And see what Pence said and what Trump didn't say or do.
Also important: What Trump didn’t do Analysis by Philip Bump National columnist June 10, 2022 at 3:28 p.m. EDT [...] Let’s say, just for the sake of argument, that tens of thousands of people showed up in Washington without Trump cajoling them to. Let’s say they were there because they thought the election had been stolen, even without Trump having said a word to that effect. And let’s say that, once there, a subset of the group marched on the Capitol and broke inside, intent on disrupting the finalization of Trump’s election loss as Congress counted the electoral votes.

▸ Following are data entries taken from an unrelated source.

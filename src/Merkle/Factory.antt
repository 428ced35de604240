-- ===== src/Merkle/Factory.antt =====
-- merkle/crdt/factory.go: the constructors of CRDTs by their type, with the stores that they are given.
-- A store, a channel of updates and a CRDT are of any types.
use defradg.Prelude.{
  ℕ, ◌≡◌, refl, Bytes, List, [], ◌∷◌, Option, none, some, arith, ◌==◌, if◌then◌else◌, Result, ok,
  err, factory_type_no_exist,
}
use defradg.Keys.{DataStoreKey}
use defradg.Collection.{CType, none_crdt, lww_register, object, composite}

-- `nil` is none.
record MultiStore (Store DagStore : Type 0) : Type 0 where
  pub rootstore : Option Store
  pub datastore : Option Store
  pub headstore : Option Store
  pub dagstore : Option DagStore
  pub systemstore : Option Store

-- The stores, the schema version, the channel of updates, and the name of the field; then the key.
abbrev MerkleCrdtFactory : Type 0 → Type 0 → Type 0 → Type 0 → Type 0
MerkleCrdtFactory Store DagStore Channel Crdt =
    MultiStore Store DagStore → Bytes → Channel → Bytes → DataStoreKey → Crdt

record Factory (Store DagStore Channel Crdt : Type 0) : Type 0 where
  pub crdts : List (CType × MerkleCrdtFactory Store DagStore Channel Crdt)
  pub multistore : Option (MultiStore Store DagStore)

-- The number of a type in its enumeration.
abbrev pub ctype_number : CType → ℕ
ctype_number none_crdt = 0
ctype_number lww_register = 1
ctype_number object = 2
ctype_number composite = 3

module _ {Fn : Type 0} where
  -- `factory.crdts[t] = fn`
  unfoldable set_crdt : CType → Fn → List (CType × Fn) → List (CType × Fn)
  set_crdt t fn [] = (t, fn) ∷ []
  set_crdt t fn ((u, g) ∷ crdts) =
      if ctype_number u == ctype_number t then (t, fn) ∷ crdts else (u, g) ∷ set_crdt t fn crdts

  unfoldable crdt_at : CType → List (CType × Fn) → Option Fn
  crdt_at t [] = none
  crdt_at t ((u, g) ∷ crdts) =
      let rest = crdt_at t crdts in if ctype_number u == ctype_number t then some g else rest

  abbrev registered : Option Fn → Result Fn
  registered none = err factory_type_no_exist
  registered (some fn) = ok fn

  crdt_at-set_crdt :
      (t u : CType) (fn : Fn) (crdts : List (CType × Fn))
      → crdt_at u (set_crdt t fn crdts)
        ≡ (if ctype_number t == ctype_number u then some fn else crdt_at u crdts)
  unfolding crdt_at set_crdt
  crdt_at-set_crdt t u fn [] = refl
  crdt_at-set_crdt t u fn ((v, g) ∷ crdts) = ground (arith, crdt_at-set_crdt t u fn crdts)

module _ {Store DagStore : Type 0} where
  abbrev no_stores : MultiStore Store DagStore
  no_stores = record {
    rootstore = none;
    datastore = none;
    headstore = none;
    dagstore = none;
    systemstore = none;
  }

  -- A factory as a MultiStore: its methods of that interface.
  unfoldable stores_of : Option (MultiStore Store DagStore) → MultiStore Store DagStore
  stores_of none = no_stores
  stores_of (some m) = record m { rootstore = none }

module _ {Store DagStore Channel Crdt : Type 0} where
  unfoldable new_factory : Option (MultiStore Store DagStore) → Factory Store DagStore Channel Crdt
  new_factory stores = record { crdts = []; multistore = stores }

  unfoldable register :
      Factory Store DagStore Channel Crdt
      → CType
      → MerkleCrdtFactory Store DagStore Channel Crdt
      → Factory Store DagStore Channel Crdt
  register f t fn = record f { crdts = set_crdt t fn f.crdts }

  unfoldable get_registered_factory :
      Factory Store DagStore Channel Crdt
      → CType
      → Result (MerkleCrdtFactory Store DagStore Channel Crdt)
  get_registered_factory f t = registered (crdt_at t f.crdts)

  abbrev applied :
      Result (MerkleCrdtFactory Store DagStore Channel Crdt)
      → MultiStore Store DagStore
      → Bytes
      → Channel
      → DataStoreKey
      → Bytes
      → Result Crdt
  applied (err e) stores version channel key name = err e
  applied (ok fn) stores version channel key name = ok (fn stores version channel name key)

  unfoldable instance_with_stores :
      Factory Store DagStore Channel Crdt
      → MultiStore Store DagStore
      → Bytes
      → Channel
      → CType
      → DataStoreKey
      → Bytes
      → Result Crdt
  instance_with_stores f stores version channel t key name =
      applied (get_registered_factory f t) stores version channel key name

  -- `Instance`
  unfoldable new_instance :
      Factory Store DagStore Channel Crdt
      → Bytes
      → Channel
      → CType
      → DataStoreKey
      → Bytes
      → Result Crdt
  new_instance f version channel t key name =
      applied (get_registered_factory f t) (stores_of f.multistore) version channel key name

  -- `SetStores`, and `WithStores` of a copy.
  unfoldable with_stores :
      Factory Store DagStore Channel Crdt
      → Option (MultiStore Store DagStore)
      → Factory Store DagStore Channel Crdt
  with_stores f stores = record f { multistore = stores }

  -- An instance is made by what was registered last for its type.
  instance_with_stores-register :
      (f : Factory Store DagStore Channel Crdt) (t u : CType)
      (fn : MerkleCrdtFactory Store DagStore Channel Crdt) (stores : MultiStore Store DagStore)
      (version : Bytes) (channel : Channel) (key : DataStoreKey) (name : Bytes)
      → instance_with_stores (register f t fn) stores version channel u key name ≡ (
          if ctype_number t == ctype_number u
          then ok (fn stores version channel name key)
          else instance_with_stores f stores version channel u key name)
  unfolding instance_with_stores get_registered_factory register
  instance_with_stores-register f t u fn stores version channel key name =
      rw (crdt_at-set_crdt t u fn f.crdts) (ground arith)
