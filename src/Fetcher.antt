-- ===== src/Fetcher.antt =====
-- db/fetcher/fetcher.go: documents from the pairs of keys and values that an iterator gives. The
-- datastore's iterator is a `Source`. A document is given by value: the next call changes the code's
-- one document in place.
pub mod Pairs
pub mod Reference
pub mod Arrive
pub mod Documents
pub mod Merged
pub mod KeyOrder
pub mod Order
pub mod Yielded
pub mod Tests
use defradg.Prelude.{
  ℕ, zero, suc, Bytes, Bool, true, false, not, ◌&&◌, ◌||◌, List, [], ◌∷◌, length, reverse, Option,
  none, some, bytes_eq, is_empty, ◌==◌, if◌then◌else◌, Result, ok, err, panic,
  uninitialized_property, field_id_not_found, failed_to_get_field_id, ◌>>=◌,
}
use defradg.Prelude.Exec
use defradg.Prelude.Exec.{Exec, ◌>>◌}
use defradg.Prelude.Decimal.{atoi, to_uint32}
use defradg.Keys.{
  DataStoreKey, new_data_store_key, to_string, value_key, deleted_key, with_value_flag,
  with_deleted_flag, prefix_end,
}
use defradg.Crdt.{object_marker}
use defradg.Spans.{Span, new_span, merge_ascending}
use defradg.Collection.{
  CType, none_crdt, lww_register, object, composite, FieldDescription, CollectionDescription,
  is_empty_schema, make_collection_key, first_field,
}
use defradg.Merkle.Factory.{ctype_number}

-- `client.FieldDescription` as the key of a map: all its fields are compared.
unfoldable pub same_field : FieldDescription → FieldDescription → Bool
same_field f g =
    bytes_eq f.name g.name
    && (f.id == g.id
        && (f.kind == g.kind
            && (bytes_eq f.schema g.schema
                && (bytes_eq f.relation_name g.relation_name
                    && (ctype_number f.typ == ctype_number g.typ
                        && f.relation_type == g.relation_type)))))

pub record KeyValue : Type 0 where
  pub key : DataStoreKey
  pub value : Bytes

-- A nil key is none.
pub record EncodedDocument : Type 0 where
  pub key : Option Bytes
  pub properties : List (FieldDescription × Bytes)

-- A write to the map of properties.
unfoldable pub set_property :
    FieldDescription → Bytes → List (FieldDescription × Bytes) → List (FieldDescription × Bytes)
set_property f raw [] = (f, raw) ∷ []
set_property f raw ((g, r) ∷ ps) =
    if same_field g f then (f, raw) ∷ ps else (g, r) ∷ set_property f raw ps

-- The results of an iterator over the keys of a span; a result may be an error.
abbrev pub Results : Type 0
Results = List (Result (Bytes × Bytes))

-- `txn.Datastore()`: GetIterator, in descending order or not, IteratePrefix, and the two Close.
pub record Source : Type 0 where
  pub get_iterator : Bool → Result (Unit {0})
  pub iterate_prefix : Bool → DataStoreKey → DataStoreKey → Result Results
  pub close_results : Result (Unit {0})
  pub close_iterator : Result (Unit {0})

-- `left` are the spans behind the one at curSpanIndex, and `kv_iter` the order of an iterator that is
-- open.
pub record DocumentFetcher : Type 0 where
  pub col : Option CollectionDescription
  pub reverse : Bool
  pub left : List (Option Span)
  pub schema_fields : List FieldDescription
  pub doc : Option EncodedDocument
  pub initialized : Bool
  pub kv : Option KeyValue
  pub kv_iter : Option Bool
  pub kv_results_iter : Option Results
  pub kv_end : Bool
  pub is_reading_document : Bool

abbrev pub empty_doc : EncodedDocument
empty_doc = record { key = none; properties = [] }

-- `new(DocumentFetcher)`
abbrev pub blank : DocumentFetcher
blank = record {
  col = none;
  reverse = false;
  left = [];
  schema_fields = [];
  doc = none;
  initialized = false;
  kv = none;
  kv_iter = none;
  kv_results_iter = none;
  kv_end = false;
  is_reading_document = false;
}

-- `kv.Key.FieldID()`
unfoldable pub field_id_of : DataStoreKey → Result ℕ
field_id_of k = elim (atoi k.field_id) [
  | none ↦ err failed_to_get_field_id
  | some n ↦ ok (to_uint32 n)
]

-- `df.schemaFields[fieldID]`: the map holds the last field of the schema that has the id.
unfoldable pub schema_field : ℕ → List FieldDescription → Result FieldDescription
schema_field id fs = elim (first_field (λ f. f.id == id) (reverse fs)) [
  | none ↦ err field_id_not_found
  | some f ↦ ok f
]

-- The end of processKV: a pair that is no object marker is a property.
unfoldable pub add_property :
    List FieldDescription
    → KeyValue
    → List (FieldDescription × Bytes)
    → Result (List (FieldDescription × Bytes))
add_property fs kv ps = do
  id ← field_id_of kv.key
  f ← schema_field id fs
  ok (set_property f kv.value ps)

abbrev pub with_properties :
    Result (List (FieldDescription × Bytes))
    → Option Bytes
    → DocumentFetcher
    → Result (Unit {0}) × DocumentFetcher
with_properties (ok ps) k df =
    (ok tt, record df { doc = some (record { key = k; properties = ps }) })
with_properties (err e) k df = (err e, df)

-- The document that a pair is added to.
abbrev pub reading : KeyValue → DocumentFetcher → EncodedDocument → EncodedDocument
reading kv df d =
    if df.is_reading_document then d else record { key = some kv.key.doc_key; properties = [] }

-- `bytes.Equal(df.kv.Value, []byte{base.ObjectMarker})`
abbrev pub is_marker : KeyValue → Bool
is_marker kv = bytes_eq kv.value (object_marker ∷ [])

unfoldable pub process_kv : KeyValue → Exec DocumentFetcher (Unit {0})
process_kv kv df = elim df.doc [
  | none ↦ (err uninitialized_property, df)
  | some d ↦
      let df' = record df { doc = some (reading kv df d); is_reading_document = true } in
      elim df.kv [
        | none ↦ (err panic, df')
        | some current ↦
            if is_marker current
            then (ok tt, df')
            else with_properties (add_property df.schema_fields kv (reading kv df d).properties)
                (reading kv df d).key df'
      ]
]

-- `nextKV`: whether the results are exhausted, and the pair. A nil iterator panics.
abbrev keyed : Bytes → Result DataStoreKey → Result (Bool × Option KeyValue)
keyed v (err e) = err e
keyed v (ok key) = ok (false, some (record { key = key; value = v }))

abbrev read_entry : Result (Bytes × Bytes) → Result (Bool × Option KeyValue)
read_entry (err e) = err e
read_entry (ok (k, v)) = keyed v (new_data_store_key k)

abbrev read_results :
    Option Results → DocumentFetcher → Result (Bool × Option KeyValue) × DocumentFetcher
read_results none df = (err panic, df)
read_results (some []) df = (ok (true, none), df)
read_results (some (r ∷ rs)) df = (read_entry r, record df { kv_results_iter = some rs })

unfoldable pub next_kv : Exec DocumentFetcher (Bool × Option KeyValue)
next_kv df = read_results df.kv_results_iter df

-- A key of another instance type ends the span.
unfoldable pub escaped : Option KeyValue → Bool
escaped none = false
escaped (some kv) =
    not (bytes_eq kv.key.instance_type value_key) && not (bytes_eq kv.key.instance_type deleted_key)

abbrev is_other : Option Bytes → Option KeyValue → Bool
is_other (some d) (some kv) = not (bytes_eq kv.key.doc_key d)
is_other _ _ = false

abbrev key_of_doc : Option EncodedDocument → Option Bytes
key_of_doc none = none
key_of_doc (some d) = d.key

-- The end of nextKey, with startNextSpan as an argument.
abbrev ended : Result Bool × DocumentFetcher → Result Bool × DocumentFetcher
ended (ok started, df) = (ok true, df)
ended (err e, df) = (err e, df)

unfoldable pub crossed : Exec DocumentFetcher Bool → Exec DocumentFetcher Bool
crossed start df =
    if df.kv_end
    then ended (start df)
    else if is_other (key_of_doc df.doc) df.kv
    then (ok true, record df { is_reading_document = false })
    else (ok false, df)

abbrev after_kv :
    Exec DocumentFetcher Bool
    → Result (Bool × Option KeyValue) × DocumentFetcher
    → Result Bool × DocumentFetcher
after_kv start (err e, df) = (err e, record df { kv = none })
after_kv start (ok (span_done, kv), df) =
    crossed start (record df { kv = kv; kv_end = span_done || escaped kv })

unfoldable pub next_key_with : Exec DocumentFetcher Bool → Exec DocumentFetcher Bool
next_key_with start df = after_kv start (next_kv df)

module _ (src : Source) where
  abbrev opened : Result (Unit {0}) → Exec DocumentFetcher (Unit {0})
  opened (ok _) df = (ok tt, record df { kv_iter = some df.reverse })
  opened (err e) df = (err e, df)

  -- `if df.kvIter == nil`
  unfoldable pub open_iterator : Exec DocumentFetcher (Unit {0})
  open_iterator df = elim df.kv_iter [
    | some _ ↦ (ok tt, df)
    | none ↦ opened (src.get_iterator df.reverse) df
  ]

  -- `if df.kvResultsIter != nil`
  unfoldable pub close_results : Exec DocumentFetcher (Unit {0})
  close_results df = elim df.kv_results_iter [
    | none ↦ (ok tt, df)
    | some _ ↦ (src.close_results, df)
  ]

  abbrev iterator_order : Option Bool → Bool
  iterator_order none = false
  iterator_order (some order) = order

  abbrev iterating : List (Option Span) → Result Results → Exec DocumentFetcher (Unit {0})
  iterating left (ok rs) df = (ok tt, record df { kv_results_iter = some rs; left = left })
  iterating left (err e) df = (err e, record df { kv_results_iter = none })

  unfoldable pub iterate_span : Option Span → List (Option Span) → Exec DocumentFetcher (Unit {0})
  iterate_span none left df = (err panic, df)
  iterate_span (some s) left df =
      iterating left (src.iterate_prefix (iterator_order df.kv_iter) s.start s.end) df

  -- startNextSpan, with the spans that are left as an argument.
  unfoldable pub start_spans : List (Option Span) → Exec DocumentFetcher Bool
  start_spans [] = Exec.pure false
  start_spans (s ∷ left) =
      let start = start_spans left in
      open_iterator
      >> (close_results >> (iterate_span s left >> (next_key_with start >> Exec.pure true)))

  unfoldable pub start_next_span : Exec DocumentFetcher Bool
  start_next_span df = start_spans df.left df

  unfoldable pub next_key : Exec DocumentFetcher Bool
  next_key df = next_key_with (start_spans df.left) df

  abbrev pub after_next :
      Exec DocumentFetcher (Option EncodedDocument)
      → Result Bool × DocumentFetcher
      → Result (Option EncodedDocument) × DocumentFetcher
  after_next rest (err e, df) = (err e, df)
  after_next rest (ok true, df) = (ok df.doc, df)
  after_next rest (ok false, df) = rest df

  abbrev pub after_process :
      Exec DocumentFetcher (Option EncodedDocument)
      → Result (Unit {0}) × DocumentFetcher
      → Result (Option EncodedDocument) × DocumentFetcher
  after_process rest (err e, df) = (err e, df)
  after_process rest (ok _, df) = after_next rest (next_key df)

  -- The loop of FetchNext, in rounds.
  unfoldable pub fetch_loop : ℕ → Exec DocumentFetcher (Option EncodedDocument)
  fetch_loop zero df = (err panic, df)
  fetch_loop (suc rounds) df =
      let rest = fetch_loop rounds in
      elim df.kv [ none ↦ (err panic, df) | some kv ↦ after_process rest (process_kv kv df) ]

  abbrev results_left : Option Results → ℕ
  results_left none = 0
  results_left (some rs) = length rs

  -- Each round but the last takes a result, so that the rounds are enough.
  unfoldable pub fetch_next : Exec DocumentFetcher (Option EncodedDocument)
  fetch_next df = if df.kv_end then (ok none, df) else elim df.kv [
    | none ↦ (err uninitialized_property, df)
    | some _ ↦ fetch_loop (suc (results_left df.kv_results_iter)) df
  ]

  abbrev span_of : Bool → Span → Span
  span_of deleted s =
      if deleted
      then new_span (with_deleted_flag s.start) (with_deleted_flag s.end)
      else new_span (with_value_flag s.start) (with_value_flag s.end)

  abbrev flagged : Bool → DataStoreKey → DataStoreKey
  flagged deleted k = if deleted then with_deleted_flag k else with_value_flag k

  spans_of : Bool → List Span → List Span
  spans_of deleted [] = []
  spans_of deleted (s ∷ ss) = span_of deleted s ∷ spans_of deleted ss

  -- The spans of `start`: none are given, or some are, which are merged.
  unfoldable pub spans_for :
      CollectionDescription → Bool → Bool → Option (List Span) → Result (List (Option Span))
  unfolding spans_of
  spans_for c backward deleted none =
      let k = flagged deleted (make_collection_key c) in ok (some (new_span k (prefix_end k)) ∷ [])
  spans_for c backward deleted (some given) = do
    merged ← merge_ascending (spans_of deleted given)
    ok (if backward then reverse merged else merged)

  abbrev started : Result (List (Option Span)) → Exec DocumentFetcher (Unit {0})
  started (err e) df = (err e, df)
  started (ok spans) df = (start_next_span >> Exec.pure tt) (record df { left = spans })

  -- `start`
  unfoldable pub start_fetcher : Option (List Span) → Bool → Exec DocumentFetcher (Unit {0})
  start_fetcher given deleted df = elim df.col [
    | none ↦ (err uninitialized_property, df)
    | some c ↦ elim df.doc [
      | none ↦ (err uninitialized_property, df)
      | some d ↦ started (spans_for c df.reverse deleted given) df
    ]
  ]

  -- `if df.kvIter != nil`
  unfoldable pub close_iterator : Exec DocumentFetcher (Unit {0})
  close_iterator df = elim df.kv_iter [ none ↦ (ok tt, df) | some _ ↦ (src.close_iterator, df) ]

  -- `init`
  unfoldable pub init_fetcher : CollectionDescription → Bool → Exec DocumentFetcher (Unit {0})
  init_fetcher c backward df =
      ((close_results >> (λ d. (ok tt, record d { kv_results_iter = none })) >> close_iterator)
          >> (λ d. (ok tt, record d { kv_iter = none; schema_fields = c.schema.fields })))
        (record df {
          col = some c;
          reverse = backward;
          initialized = true;
          is_reading_document = false;
          doc = some empty_doc;
        })
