-- ===== src/Fetcher/Pairs.antt =====
-- db/fetcher/fetcher.go: what one step of a fetcher does with a pair that its source gives.
use defradg.Prelude.{
  ◌≡◌, refl, Bytes, Bool, true, false, List, [], ◌∷◌, Option, none, some, All, arith, bytes_eq,
  if◌then◌else◌, ok, Lacks,
}
use defradg.Prelude.Exec.{Exec}
use defradg.Keys.{slash, to_string}
use defradg.Keys.RoundTrip.{IsWhole, new_data_store_key-to_string}
use defradg.Spans.{Span}
use defradg.Collection.{FieldDescription}
use defradg.Fetcher.{
  KeyValue, EncodedDocument, Results, Source, DocumentFetcher, next_kv, escaped, crossed,
  next_key_with, ended,
}

-- A pair that a source may give: its key can be read back, and is of a value or a deleted one.
pub record IsReadable (kv : KeyValue) : Type 0 where
  pub whole : IsWhole kv.key
  pub plain : Lacks slash kv.key.field_id
  pub kind : escaped (some kv) ≡ false

-- The results of an iterator over some pairs.
abbrev pub entries : List KeyValue → Results
entries [] = []
entries (kv ∷ kvs) = ok (to_string kv.key, kv.value) ∷ entries kvs

-- What a source gives for spans.
abbrev pub Holds : Source → Bool → List (Option Span) → List (List KeyValue) → Type 0
Holds src backward [] [] = Unit
Holds src backward (some s ∷ left) (c ∷ cs) =
    (src.iterate_prefix backward s.start s.end ≡ ok (entries c)) × Holds src backward left cs
Holds src backward _ _ = ⊥

abbrev pub OfOther : Bytes → List (List KeyValue) → Type 0
OfOther k = All (All (λ kv. bytes_eq kv.key.doc_key k ≡ false))

module _ (b : DocumentFetcher) where
  -- A fetcher at a pair, with pairs and spans behind it.
  abbrev pub at :
      KeyValue → List KeyValue → List (Option Span) → EncodedDocument → Bool → DocumentFetcher
  at x xs left d r = record b {
    kv = some x;
    kv_results_iter = some (entries xs);
    left = left;
    doc = some d;
    is_reading_document = r;
    kv_end = false;
    kv_iter = some b.reverse;
  }

  -- A fetcher at the end of a span.
  abbrev pub between : Results → List (Option Span) → EncodedDocument → Bool → DocumentFetcher
  between rs left d r = record b {
    kv = none;
    kv_results_iter = some rs;
    left = left;
    doc = some d;
    is_reading_document = r;
    kv_end = true;
    kv_iter = some b.reverse;
  }

  -- Where the search for the next span stops.
  abbrev pub arrive :
      Results → List (Option Span) → List (List KeyValue) → EncodedDocument → Bool → DocumentFetcher
  arrive rs [] cs d r = between rs [] d r
  arrive rs (s ∷ left) [] d r = between rs (s ∷ left) d r
  arrive rs (s ∷ left) ([] ∷ cs) d r = arrive [] left cs d r
  arrive rs (s ∷ left) ((y ∷ ys) ∷ cs) d r = at y ys left d false

  module _ (start : Exec DocumentFetcher Bool) (left : List (Option Span)) (k : Bytes)
      (ps : List (FieldDescription × Bytes)) where
    abbrev doc : EncodedDocument
    doc = record { key = some k; properties = ps }

    pub next_key_with-at :
        (x y : KeyValue) (ys : List KeyValue) (r : Bool)
        → IsReadable y
        → next_key_with start (at x (y ∷ ys) left doc r) ≡ (
            if bytes_eq y.key.doc_key k
            then (ok false, at y ys left doc r)
            else (ok true, at y ys left doc false))
    unfolding next_key_with next_kv crossed
    next_key_with-at x y ys r h =
        let e = new_data_store_key-to_string y.key h.whole h.plain in rw (e, h.kind) (ground arith)

    pub next_key_with-between :
        (rs : Results) (y : KeyValue) (ys : List KeyValue) (r : Bool)
        → IsReadable y
        → bytes_eq y.key.doc_key k ≡ false
        → next_key_with start
            (record (between rs left doc r) { kv_results_iter = some (entries (y ∷ ys)) })
          ≡ (ok true, at y ys left doc false)
    unfolding next_key_with next_kv crossed
    next_key_with-between rs y ys r h o =
        let e = new_data_store_key-to_string y.key h.whole h.plain in rw (e, h.kind, o) refl

    pub next_key_with-end :
        (x : KeyValue) (r : Bool)
        → next_key_with start (at x [] left doc r) ≡ ended (start (between [] left doc r))
    unfolding next_key_with next_kv crossed
    next_key_with-end x r = refl
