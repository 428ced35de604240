-- ===== src/Fetcher/Reference.antt =====
-- db/fetcher/fetcher.go: a reference for the documents of a list of pairs.
use defradg.Prelude.{
  ◌≡◌, refl, Bytes, false, List, [], ◌∷◌, ◌++◌, some, All, bytes_eq, All-append, if◌then◌else◌,
  Result, ok, err, ◌>>=◌,
}
use defradg.Collection.{FieldDescription}
use defradg.Fetcher.{KeyValue, EncodedDocument, add_property, is_marker}
use defradg.Fetcher.Pairs.{OfOther}

abbrev pub doc : Bytes → List (FieldDescription × Bytes) → EncodedDocument
doc k ps = record { key = some k; properties = ps }

-- A reference: a document for each run of pairs of one document key, with a property for each pair
-- that is no object marker.
abbrev pub add_pair :
    List FieldDescription
    → KeyValue
    → List (FieldDescription × Bytes)
    → Result (List (FieldDescription × Bytes))
add_pair fs kv ps = if is_marker kv then ok ps else add_property fs kv ps

abbrev pub documents_from :
    List FieldDescription
    → Bytes
    → List (FieldDescription × Bytes)
    → List KeyValue
    → Result (List EncodedDocument)
documents_from fs k ps [] = ok (doc k ps ∷ [])
documents_from fs k ps (y ∷ ys) =
    if bytes_eq y.key.doc_key k
    then add_pair fs y ps >>= (λ qs. documents_from fs k qs ys)
    else add_pair fs y []
      >>= (λ qs. documents_from fs y.key.doc_key qs ys >>= (λ ds. ok (doc k ps ∷ ds)))

abbrev pub documents_of : List FieldDescription → List KeyValue → Result (List EncodedDocument)
documents_of fs [] = ok []
documents_of fs (y ∷ ys) = add_pair fs y [] >>= (λ ps. documents_from fs y.key.doc_key ps ys)

abbrev pub all_pairs : List (List KeyValue) → List KeyValue
all_pairs [] = []
all_pairs (c ∷ cs) = c ++ all_pairs cs

-- No document has pairs in two spans.
abbrev pub Apart : List (List KeyValue) → Type 0
Apart [] = Unit
Apart (c ∷ cs) = All (λ kv. OfOther kv.key.doc_key cs) c × Apart cs

abbrev pub Others : Bytes → List KeyValue → Type 0
Others k = All (λ kv. bytes_eq kv.key.doc_key k ≡ false)

pub Others-all_pairs :
    (k : Bytes) (cs : List (List KeyValue)) → OfOther k cs → Others k (all_pairs cs)
Others-all_pairs k [] h = tt
Others-all_pairs k (c ∷ cs) h =
    All-append (λ kv. bytes_eq kv.key.doc_key k ≡ false) c (all_pairs cs) h.0
      (Others-all_pairs k cs h.1)

pub bind_assoc {ℓ} :
    {A B C : Type ℓ} (m : Result A) (f : A → Result B) (g : B → Result C)
    → (m >>= (λ a. f a >>= g)) ≡ ((m >>= f) >>= g)
bind_assoc (err e) f g = refl
bind_assoc (ok a) f g = refl

-- Behind the last pair of a document, the others follow.
pub documents_from-other :
    (fs : List FieldDescription) (k : Bytes) (ps : List (FieldDescription × Bytes))
    (zs : List KeyValue)
    → Others k zs
    → documents_from fs k ps zs ≡ (documents_of fs zs >>= (λ ds. ok (doc k ps ∷ ds)))
documents_from-other fs k ps [] h = refl
documents_from-other fs k ps (z ∷ zs) h = rw h.0 (
    bind_assoc (add_pair fs z []) (λ qs. documents_from fs z.key.doc_key qs zs)
      (λ ds. ok (doc k ps ∷ ds)))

What might you expect the president of the United States to do? The Capitol, just over a mile down the street from the White House, is being overrun by angry rioters and members of Congress and the vice president are inside. They are at risk. What would you expect the response from the chief executive to be?
Perhaps something like this?
-- “He was very animated and he issued very explicit, very direct, unambiguous orders. … He was very animated, very direct, very firm to [Army] Secretary [Christopher] Miller: Get the military down here, get [National] Guard down here, put down this situation, etc.” --
That’s Joint Chiefs of Staff Chairman Gen. Mark A. Milley, telling the Jan. 6 committee about a phone call he had with a senior administration official on the day of the riot. But that forceful insistence on addressing the riot didn’t come from the president. It came from Vice President Mike Pence.
Trump, Cheney said during Thursday’s hearing, “did not call his secretary of defense,” “did not talk to his attorney general,” “did not talk to the Department of Homeland Security,” “gave no order to deploy the National Guard that day” and “made no effort to work with the Department of Justice to coordinate and display and deploy law enforcement assets.”
Pence demanded action. Trump demanded nothing.
Why? Why wouldn’t the president want immediate action to stem the violence? Messages from allies were flooding his chief of staff’s phone, demanding he do something. But he didn’t. Why not?